Artykuły

Wojna w Teatrze Muzycznym

Konflikt w poznańskiej operetce sięgnął zenitu. Związkom zawodowym nie podoba się sposób zarządzania teatrem dyrektora-menedżera. Na prezydencie Poznania Jacku Jaśkowiaku wymogły ogłoszenie konkursu na to stanowisko.

Napięta sytuacja w poznańskim Teatrze Muzycznym trwa od trzech lat, czyli od czasu, kiedy dyrektorem został Przemysław Kieliszewski [na zdjęciu]. Zastąpił Daniela Kustosika, który poznańską operetką kierował przez 23 lata.

Rok później Kieliszewski został bohaterem niechlubnego skandalu. Do mediów wyciekł e-mail, w którym obrzucił podwładnych inwektywami oraz zasugerował im: „wyp…jcie z teatru". Po aferze nie stracił stanowiska, ale pracownicy operetki zaczęli głośno mówić o jego despotyzmie, nieszanowaniu zasłużonych artystów, ucinaniu etatów i niszczeniu dorobku placówki.

W sierpniu tego roku kończy się kadencja dyrektora i według wcześniejszych, nieoficjalnych zapowiedzi prezydent Poznania miał przedłużyć Kieliszewskiemu kontrakt.

— Bardzo szanuję pana dyrektora i doceniam to, co udało mu się w teatrze dokonać. Rzeczywiście miałem plan, by nie ogłaszać konkursu i przedłużyć z nim umowę — przyznaje Jaśkowiak. — Ale w ciągu ostatnich tygodni przekazano mi szereg dokumentów obrazujących głęboki konflikt w Teatrze Muzycznym. Otrzymałem stanowiska związków zawodowych, które skarżą się na sposób zarządzania placówką.

Na prośbę prezydenta wydział kultury zorganizował spotkanie mediacyjne. Wzięli w nim udział przedstawiciele związków zawodowych działających w teatrze, dyrekcja teatru, urzędnicy i radni. Do Poznania przyjechał nawet Olgierd Łukaszewicz, prezes Stowarzyszenia Polskich Artystów Teatru, Filmu, Radia i Telewizji. Ten ostatni rozmawiał i z prezydentem, i z Kieliszewskim. Swoje stanowisko wysłał Jaśkowiakowi na początku marca.
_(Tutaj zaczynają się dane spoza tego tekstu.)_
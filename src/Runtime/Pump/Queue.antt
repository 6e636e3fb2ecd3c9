-- ===== src/Runtime/Pump/Queue.antt =====
-- A bounded channel between two tasks, by what went in and what came out. The packets of `buf` have
-- left the channel, but not the receiver.
use mathlib.Core.Path.{subst₂}
use smoltcp_socks.Common.{
  ◌≤◌, ◌<◌, ◌≡◌, refl, ap, sym, subst, ◌∙◌, Bool, true, false, List, [], ◌∷◌, ◌++◌, none, some,
  append_assoc, append-nil, length, length-append, arith, if◌then◌else◌, ◌⊎◌, inl, inr, Bool-cases,
}
use smoltcp_socks.Mpsc.{Mpsc, MpscLaws, SameEnds, first, behind, admits}
use smoltcp_socks.Device.{Packet, queue_depth}

abbrev pub kept_if : Bool → Packet → List Packet
kept_if true p = p ∷ []
kept_if false p = []

module _ (m : Mpsc Packet) where
  -- As long as there is a receiver, what went in came out in order, or is left in the buffer and the
  -- channel, in this order. The channel holds no more than its depth.
  pub record IsQueue (c : m.Chan) (buf ins outs : List Packet) : Type 0 where
    pub left : List Packet
    pub order : ins ≡ outs ++ left
    pub live : m.has_receiver c ≡ true → left ≡ buf ++ m.queued c
    pub deep : m.depth c ≡ queue_depth
    pub bounded : length (m.queued c) ≤ queue_depth

  pub IsQueue-eq :
      {c d : m.Chan} {buf buf' ins ins' outs outs' : List Packet}
      → c ≡ d
      → buf ≡ buf'
      → ins ≡ ins'
      → outs ≡ outs'
      → IsQueue c buf ins outs
      → IsQueue d buf' ins' outs'
  IsQueue-eq {c} {buf} {ins'} {outs'} p q r s h =
      subst₂ (λ c buf. IsQueue c buf ins' outs') p q (subst₂ (λ i o. IsQueue c buf i o) r s h)

  pub IsQueue-new : (laws : MpscLaws m) → IsQueue (m.channel queue_depth) [] [] []
  IsQueue-new laws = record {
    left = [];
    order = refl;
    live = λ _. sym (laws.new_queued queue_depth);
    deep = laws.new_depth queue_depth;
    bounded = omega (arith, ap length (laws.new_queued queue_depth));
  }

  module _ (laws : MpscLaws m) {c : m.Chan} {buf ins outs : List Packet} where
    pub IsQueue-send :
        (p : Packet)
        → IsQueue c buf ins outs
        → IsQueue (m.try_send p c).1 buf (ins ++ kept_if (m.try_send p c).0 p) outs
    IsQueue-send p q = go (m.try_send p c).0 refl
      where
        d : m.Chan
        d = (m.try_send p c).1

        ends : SameEnds m c d
        ends = laws.send_ends p c

        sent :
            (b : Bool)
            → (m.try_send p c).0 ≡ b
            → m.queued d ≡ (if b then m.queued c ++ p ∷ [] else m.queued c)
        sent b e =
            subst (λ b. m.queued d ≡ (if b then m.queued c ++ p ∷ [] else m.queued c)) e
              (laws.send_queued p c)

        fits : admits m c ≡ true → length (m.queued c) < m.depth c
        fits h = ground arith

        go : (b : Bool) → (m.try_send p c).0 ≡ b → IsQueue d buf (ins ++ kept_if b p) outs
        go true e = record {
          left = q.left ++ p ∷ [];
          order = ap (λ l. l ++ p ∷ []) q.order ∙ append_assoc outs q.left (p ∷ []);
          live = λ h.
              ap (λ l. l ++ p ∷ []) (q.live (sym ends.has_receiver ∙ h))
              ∙ append_assoc buf (m.queued c) (p ∷ [])
              ∙ ap (◌++◌ buf) (sym (sent true e));
          deep = ends.depth ∙ q.deep;
          bounded = omega (
            arith,
            ap length (sent true e),
            length-append (m.queued c) (p ∷ []),
            fits (sym (laws.send_admits p c) ∙ e),
            q.deep,
          );
        }
        go false e = record {
          left = q.left;
          order = append-nil ins ∙ q.order;
          live = λ h. q.live (sym ends.has_receiver ∙ h) ∙ ap (◌++◌ buf) (sym (sent false e));
          deep = ends.depth ∙ q.deep;
          bounded = omega (arith, ap length (sent false e), q.bounded);
        }

    -- Packets may move from the channel to the buffer.
    pub IsQueue-moves :
        {d : m.Chan} {buf' : List Packet}
        → SameEnds m c d
        → buf' ++ m.queued d ≡ buf ++ m.queued c
        → length (m.queued d) ≤ length (m.queued c)
        → IsQueue c buf ins outs
        → IsQueue d buf' ins outs
    IsQueue-moves s e l q = record {
      left = q.left;
      order = q.order;
      live = λ h. q.live (sym s.has_receiver ∙ h) ∙ sym e;
      deep = s.depth ∙ q.deep;
      bounded = omega (arith, l, q.bounded);
    }

    -- One packet comes out.
    pub IsQueue-pops :
        {d : m.Chan} {buf' : List Packet} (x : Packet)
        → SameEnds m c d
        → m.has_receiver c ≡ true
        → buf ++ m.queued c ≡ x ∷ (buf' ++ m.queued d)
        → length (m.queued d) ≤ length (m.queued c)
        → IsQueue c buf ins outs
        → IsQueue d buf' ins (outs ++ x ∷ [])
    IsQueue-pops {d} {buf'} x s r e l q = record {
      left = buf' ++ m.queued d;
      order =
          q.order
          ∙ ap (◌++◌ outs) (q.live r ∙ e)
          ∙ sym (append_assoc outs (x ∷ []) (buf' ++ m.queued d));
      live = λ _. refl;
      deep = s.depth ∙ q.deep;
      bounded = omega (arith, l, q.bounded);
    }

    pub IsQueue-drop_sender : IsQueue c buf ins outs → IsQueue (m.drop_sender c) buf ins outs
    IsQueue-drop_sender q = record {
      left = q.left;
      order = q.order;
      live = λ h.
          q.live (sym (laws.sender_receiver c) ∙ h) ∙ ap (◌++◌ buf) (sym (laws.sender_queued c));
      deep = laws.sender_depth c ∙ q.deep;
      bounded = subst (λ l. length l ≤ queue_depth) (sym (laws.sender_queued c)) q.bounded;
    }

    pub IsQueue-drop_receiver : IsQueue c buf ins outs → IsQueue (m.drop_receiver c) buf ins outs
    IsQueue-drop_receiver q = record {
      left = q.left;
      order = q.order;
      live = λ h. cc (laws.receiver_dropped c);
      deep = laws.receiver_depth c ∙ q.deep;
      bounded = subst (λ l. length l ≤ queue_depth) (sym (laws.receiver_queued c)) (omega arith);
    }

  -- What `recv` gives, by the channel.
  module _ (laws : MpscLaws m) where
    recv_empty : (c : m.Chan) → m.queued c ≡ [] → (m.recv c ≡ none) ⊎ (m.recv c ≡ some (none, c))
    recv_empty c f = elim (Bool-cases (m.has_sender c)) [
      | inl g ↦ inl (laws.recv_waits c f ∙ rw g refl)
      | inr g ↦ inr (laws.recv_waits c f ∙ rw g refl)
    ]

    pub recv_some :
        (c d : m.Chan) (p : Packet)
        → m.recv c ≡ some (some p, d)
        → SameEnds m c d × (m.queued c ≡ p ∷ m.queued d)
    recv_some c d p e = go (m.queued c) refl
      where
        go : (l : List Packet) → m.queued c ≡ l → SameEnds m c d × (m.queued c ≡ p ∷ m.queued d)
        go [] f = elim (recv_empty c f) [ inl g ↦ cc (e, g) | inr g ↦ cc (e, g) ]
        go (x ∷ l) f =
            let g = laws.recv_ready c x (ap first f) in
            let here : (m.try_recv c).1 ≡ d = cc (e, g) in
            let rest : m.queued d ≡ l = ap m.queued (sym here) ∙ laws.recv_queued c ∙ ap behind f in
            (subst (SameEnds m c) here (laws.recv_ends c), cc (e, g, f, rest))

    pub recv_ended : (c d : m.Chan) → m.recv c ≡ some (none, d) → c ≡ d
    recv_ended c d e = go (m.queued c) refl
      where
        go : (l : List Packet) → m.queued c ≡ l → c ≡ d
        go [] f = elim (recv_empty c f) [ inl g ↦ cc (e, g) | inr g ↦ cc (e, g) ]
        go (x ∷ l) f = cc (e, laws.recv_ready c x (ap first f))
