-- ===== src/Runtime/Pump/Flow.antt =====
-- The packets between the TUN device and smoltcp: the pump of src/runtime.rs and the calls of smoltcp
-- on the `Phy` of src/device.rs as two tasks that run side by side, in any order. A step is what one
-- of them does between two uses of a channel.
use smoltcp_socks.Common.{
  ℕ, ◌≡◌, Bool, true, false, List, [], ◌∷◌, ◌++◌, Option, none, some, Bytes, replicate,
}
use smoltcp_socks.Mpsc.{Mpsc}
use smoltcp_socks.Device.{Packet, take_in, pop_front, consume}
use smoltcp_socks.Device.Receive.{token_packets}
use smoltcp_socks.Runtime.Pump.{PumpEvent, tun_read, outbound_ready, Pumping, leave, pump_round}
use smoltcp_socks.Runtime.Pump.Queue.{kept_if}

-- What went through: the packets that the pump put into the inbound channel, those that smoltcp got,
-- those that smoltcp put into the outbound channel, and those that the pump took from it, each with
-- whether its write to the device succeeded.
pub record Flow : Type 0 where
  pub arrived : List Packet
  pub delivered : List Packet
  pub sent : List Packet
  pub taken : List (Packet × Bool)

abbrev pub still : Flow
still = record { arrived = []; delivered = []; sent = []; taken = [] }

abbrev pub joined : Flow → Flow → Flow
joined f g = record {
  arrived = f.arrived ++ g.arrived;
  delivered = f.delivered ++ g.delivered;
  sent = f.sent ++ g.sent;
  taken = f.taken ++ g.taken;
}

abbrev pub packets : List (Packet × Bool) → List Packet
packets [] = []
packets ((p, written) ∷ l) = p ∷ packets l

abbrev pub written_of : List (Packet × Bool) → List Packet
written_of [] = []
written_of ((p, true) ∷ l) = p ∷ written_of l
written_of ((p, false) ∷ l) = written_of l

module _ (m : Mpsc Packet) where
  abbrev pub taken_by : Bool → Option (Option Packet × m.Chan) → List (Packet × Bool)
  taken_by written (some (some p, c)) = (p, written) ∷ []
  taken_by written _ = []

  -- What a round of the pump moves.
  abbrev pub pumped : PumpEvent → Pumping m → Flow
  pumped (tun_read none) s = still
  pumped (tun_read (some p)) s = record still {
    arrived = kept_if (m.try_send p s.bridge.inbound).0 p;
  }
  pumped (outbound_ready written) s = record still {
    taken = taken_by written (m.recv s.bridge.outbound);
  }

  -- The end of the actor's task drops `Phy`, and with it the two ends that it held.
  abbrev pub without_stack : Pumping m → Pumping m
  without_stack s = record s {
    bridge = record s.bridge {
      inbound = m.drop_receiver s.bridge.inbound;
      outbound = m.drop_sender s.bridge.outbound;
    };
  }

  pub data Step (s u : Pumping m) (f : Flow) : Type 0 where
    pumps : (e : PumpEvent) → s.running ≡ true → u ≡ pump_round m e s → f ≡ pumped e s → Step s u f
    cannot_open : s.running ≡ true → u ≡ leave m s → f ≡ still → Step s u f
    takes_in :
        m.has_receiver s.bridge.inbound ≡ true
        → u ≡ record s { bridge = (take_in m s.bridge).1 }
        → f ≡ still
        → Step s u f
    pops :
        m.has_receiver s.bridge.inbound ≡ true
        → u ≡ record s { bridge = (pop_front m s.bridge).1 }
        → f ≡ record still { delivered = token_packets (pop_front m s.bridge).0 }
        → Step s u f
    transmits :
        (len : ℕ) (fill : Bytes → Unit {0} × Bytes)
        → m.has_sender s.bridge.outbound ≡ true
        → u ≡ record s { bridge = (consume m len fill s.bridge).1 }
        → f ≡ (
            let p = (fill (replicate len 0)).1 in
            record still { sent = kept_if (m.try_send p s.bridge.outbound).0 p })
        → Step s u f
    stack_ends : u ≡ without_stack s → f ≡ still → Step s u f

  -- The actor's task goes on.
  abbrev pub IsMove : {s u : Pumping m} {f : Flow} → Step s u f → Type 0
  IsMove (stack_ends p q) = ⊥
  IsMove _ = Unit

  -- Any number of steps, with all that they moved.
  pub data Reach (s : Pumping m) : Pumping m → Flow → Type 0 where
    here : Reach s s still
    next :
        {u v : Pumping m} {f g h : Flow} → Reach s u f → Step u v g → h ≡ joined f g → Reach s v h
— Prezydent ma niełatwe zadanie. Konflikt w operetce jest poważny. Tym razem stoję po stronie pracowników — przyznaje Łukaszewicz. Dwa lata temu popierał Kieliszewskiego. Tłumaczył, że nowy dyrektor stracił cierpliwość i nie może być bojkotowany za zmiany. — Ale teraz zarzuty są poważne. Pracownicy nie grają w spektaklach, mają mniejsze pensje, bo pieniądze idą na opłacenie gościnnych występów, a do tego w teatrze nie ma dyrektora do spraw artystycznych.

W liście do Jaśkowiaka Łukaszewicz sugeruje ogłoszenie konkursu na nowego dyrektora.

Argumenty, które wytacza prezes ZASP, to koronne zarzuty dwóch związków zawodowych teatru, które są przeciwne Kieliszewskiemu.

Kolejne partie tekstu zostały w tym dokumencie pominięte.